Method for repairing a photovoltaic panel comprising a transparent encapsulation layer (5, 7) corresponding to an outer layer of the photovoltaic panel, said method comprising a step (102) of applying a polymeric varnish to an area of the encapsulation layer requiring repair, said polymeric varnish being transparent and resistant to ultraviolet radiation. Repair process according to claim 1, in which the thickness of polymeric varnish applied is greater than 0.15 mm. Repair method according to claim 1 or 2, in which the method also comprises a step (103) of drying the polymer varnish for a period of between 1 and 24 hours. Repair method according to Claim 3, in which the drying step (103) comprises heating the area of application of the varnish to accelerate the drying.
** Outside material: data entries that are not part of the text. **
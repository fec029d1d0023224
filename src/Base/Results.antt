-- ===== src/Base/Results.antt =====
-- Go errors as values, and the results of fallible code.
use Prim.Native.Nat.{ℕ}
use Prim.Native.Char.{code}
use Prim.Native.String.{String}
use mathlib.Core.Path.{◌≡◌, refl}
use mathlib.Core.List.{List, [], ◌∷◌}

-- A Go string: its bytes.
abbrev pub Text : Type 0
Text = List ℕ

-- A text literal of the source, which is ASCII. `String` has its own `[]` and `∷`.
abbrev pub codes : String → Text
codes String.[] = []
codes (String.◌∷◌ c s) = code c ∷ codes s

-- `errors.New` or an error of the system by its text; `fmt.Errorf` with one `%q`, one `%d`, or an
-- inner error behind a prefix.
pub data Error : Type 0 where
  text : Text → Error
  quoted : Text → Text → Error
  numbered : Text → ℕ → Error
  wrapped : Text → Error → Error

pub data Result {ℓ} (A : Type ℓ) : Type ℓ where
  ok : A → Result A
  err : Error → Result A

pub data Outcome {ℓ} {A : Type ℓ} (r : Result A) : Type ℓ where
  is_ok : (a : A) → r ≡ ok a → Outcome r
  is_err : (e : Error) → r ≡ err e → Outcome r

-- To split on a computed result and keep the equation.
pub Result-cases {ℓ} : {A : Type ℓ} (r : Result A) → Outcome r
Result-cases (ok a) = is_ok a refl
Result-cases (err e) = is_err e refl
Repair process according to one of Claims 1 or 2, comprising a step (104) of applying ultraviolet radiation to the varnish application zone to enable the varnish to harden. Repair process according to one of the preceding claims, in which the polymer varnish is a polyurethane varnish. Repair process according to the preceding claim, in which the polyurethane varnish is composed of a base and a hardener. Repair process according to one of the preceding claims, in which the application of the varnish is carried out by one of the following methods:
- a brush/brush,
- a spatula,
- a needle,
- a roll,
- by spraying, in particular of the pneumatic, airless or electrostatic type. Repair method according to one of the preceding claims also comprising a preparatory step (101) of cleaning the area to be repaired before the step of applying the polymeric varnish. Method according to claim 9 wherein the preparatory step (101) of cleaning is carried out with isopropanol or by sanding with abrasives. Repair method according to one of the preceding claims, in which the step (102) of applying the varnish comprises the application of several layers of polymeric varnish with a predetermined drying time between the application of two successive layers. Repair method according to one of the preceding claims, in which the photovoltaic panel is a photovoltaic panel of the flexible or bifacial type. Repair method according to Claim 11, in which the photovoltaic panel comprises a laminate (1) of photovoltaic cells (3) comprising at least:
- a layer of photovoltaic cells (3) connected to each other and,
- a front layer (5) and a rear layer (7) for encapsulating the layer of photovoltaic cells, said front (5) and rear (7) encapsulation layers sandwiching the layer of photovoltaic cells. Repair method according to one of the preceding claims also comprising, after the step (102) of applying the polymeric varnish, a step (105) of protecting the photovoltaic panel against external attacks during a drying period of the polymeric varnish applied . A method according to claim 14 wherein the step (105) of protecting the photovoltaic panel includes applying a protective film or tarp over the photovoltaic panel.